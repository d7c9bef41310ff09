-- ===== src/Operations/Claims.antt =====
-- Which operation a worker claims.
pub mod Exclusive
pub mod Workers
use mathlib.Core.List.{Memᴰ}
use brevyn_cloud.Base.{
  ℕ, zero, suc, ◌+◌, ◌≤◌, ◌≡◌, refl, subst, Bool, true, false, ◌||◌, ◌&&◌, Option, none, some, List,
  [], ◌∷◌, Text, arith, inl, inr, Bool-cases, All, All-map, All-Memᴰ, update_where-All, ap, length,
  ◌==◌, update_where, if◌then◌else◌,
}
use brevyn_cloud.Operations.{Operation}
use brevyn_cloud.Operations.Runner.{
  OperationRecord, is_running, is_claimable, runs_before, candidate, earlier, claim, has_id,
  to_record, claim_next, claim_batch,
}

-- The claimable rows that do not run before `op`.
abbrev pub NoneBefore : ℕ → Operation → List Operation → Type 0
NoneBefore now op = All (λ x. is_claimable now x ≡ true → runs_before x op ≡ false)

abbrev pub NoneClaimable : ℕ → List Operation → Type 0
NoneClaimable now = All (λ x. is_claimable now x ≡ false)

runs_before_irrefl : (a : Operation) → runs_before a a ≡ false
unfolding runs_before
runs_before_irrefl a = ground arith

runs_before_asymm : (a b : Operation) → runs_before a b ≡ true → runs_before b a ≡ false
unfolding runs_before
runs_before_asymm a b h = ground arith

none_claimable :
    (now : ℕ) (rows : List Operation) → candidate now rows ≡ none → NoneClaimable now rows
unfolding candidate
none_claimable now [] h = tt
none_claimable now (op ∷ rest) h = elim (Bool-cases (is_claimable now op)) [
  | inl y ↦ absurd (ground (arith, y, h))
  | inr n ↦ (n, none_claimable now rest (ground (arith, n, h)))
]

NoneBefore-trans :
    (now : ℕ) (a b : Operation) (rows : List Operation)
    → runs_before a b ≡ false
    → NoneBefore now a rows
    → NoneBefore now b rows
unfolding runs_before
NoneBefore-trans now a b rows h = All-map _ _ rows (λ x k c. ground (arith, k c))

module _ (now : ℕ) where
  -- `op` is the first claimable row of `rows`.
  abbrev pub IsFirst : Operation → List Operation → Type 0
  IsFirst op rows = (is_claimable now op ≡ true) × Memᴰ op rows × NoneBefore now op rows

  earlier_later : (x b : Operation) → runs_before b x ≡ true → b ≡ earlier x (some b)
  unfolding earlier
  earlier_later x b h = rw h

  earlier_first : (x b : Operation) → runs_before b x ≡ false → x ≡ earlier x (some b)
  unfolding earlier
  earlier_first x b h = rw h

  earlier-IsFirst :
      (x : Operation) (rest : List Operation) (best : Option Operation)
      → is_claimable now x ≡ true
      → candidate now rest ≡ best
      → ((b : Operation) → best ≡ some b → IsFirst b rest)
      → IsFirst (earlier x best) (x ∷ rest)
  unfolding earlier
  earlier-IsFirst x rest none c e first = (
    c,
    Memᴰ.head refl,
    (
      λ _. runs_before_irrefl x,
      All-map _ _ rest (λ y n y_claimable. absurd (cc (n, y_claimable)))
          (none_claimable now rest e),
    ),
  )
  earlier-IsFirst x rest (some b) c e first =
      let (b_claimable, b_in, b_first) = first b refl in
      elim (Bool-cases (runs_before b x)) [
        | inl before ↦
            subst (λ o. IsFirst o (x ∷ rest)) (earlier_later x b before)
              (b_claimable, Memᴰ.tail b_in, (λ _. runs_before_asymm b x before, b_first))
        | inr after ↦
            subst (λ o. IsFirst o (x ∷ rest)) (earlier_first x b after)
              (
                c,
                Memᴰ.head refl,
                (λ _. runs_before_irrefl x, NoneBefore-trans now b x rest after b_first),
              )
      ]

  pub candidate-IsFirst :
      (rows : List Operation) (op : Operation) → candidate now rows ≡ some op → IsFirst op rows
  unfolding candidate
  candidate-IsFirst [] op h = cc
  candidate-IsFirst (x ∷ rest) op h = elim (Bool-cases (is_claimable now x)) [
    | inr n ↦
        let (c, m, b) = candidate-IsFirst rest op (ground (arith, n, h)) in
        (c, Memᴰ.tail m, (λ y. absurd (cc (y, n)), b))
    | inl y ↦
        let e : earlier x (candidate now rest) ≡ op = ground (arith, y, h) in
        subst (λ o. IsFirst o (x ∷ rest)) e
          (earlier-IsFirst x rest (candidate now rest) y refl (λ b. candidate-IsFirst rest b))
  ]

module _ (worker : Text) (now : ℕ) (rows : List Operation) where
  pub claim_next-none : candidate now rows ≡ none → claim_next worker now rows ≡ (none, rows)
  unfolding claim_next
  claim_next-none e = rw (e, claim_next)

  pub claim_next-some :
      (op : Operation)
      → candidate now rows ≡ some op
      → claim_next worker now rows ≡ (
        some (to_record (claim worker now op)),
        update_where (has_id op.id) (claim worker now) rows,
      )
  unfolding claim_next
  claim_next-some op e = rw (e, claim_next)

  -- The record of a claim is made from the candidate.
  claimed_record :
      (op : Operation) (r : OperationRecord)
      → candidate now rows ≡ some op
      → (claim_next worker now rows).0 ≡ some r
      → to_record (claim worker now op) ≡ r
  claimed_record op r e h = cc (h, ap (λ p. p.0) (claim_next-some op e))

pub claimable_attempts :
    (now : ℕ) (op : Operation)
    → is_claimable now op ≡ true
    → (op.attempts + 1 ≤ op.max_attempts) × (is_running op.status ≡ false)
unfolding is_claimable
claimable_attempts now op h = ground arith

§ Assignment: Copy exactly the line containing "pub claim_next-none : candidate" and each line after it through the end of the records above.

§ Written answer:
  pub claim_next-none : candidate now rows ≡ none → claim_next worker now rows ≡ (none, rows)
  unfolding claim_next
  claim_next-none e = rw (e, claim_next)

  pub claim_next-some :
      (op : Operation)
      → candidate now rows ≡ some op
      → claim_next worker now rows ≡ (
        some (to_record (claim worker now op)),
        update_where (has_id op.id) (claim worker now) rows,
      )
  unfolding claim_next
  claim_next-some op e = rw (e, claim_next)

  -- The record of a claim is made from the candidate.
  claimed_record :
      (op : Operation) (r : OperationRecord)
      → candidate now rows ≡ some op
      → (claim_next worker now rows).0 ≡ some r
      → to_record (claim worker now op) ≡ r
  claimed_record op r e h = cc (h, ap (λ p. p.0) (claim_next-some op e))

pub claimable_attempts :
    (now : ℕ) (op : Operation)
    → is_claimable now op ≡ true
    → (op.attempts + 1 ≤ op.max_attempts) × (is_running op.status ≡ false)
unfolding is_claimable
claimable_attempts now op h = ground arith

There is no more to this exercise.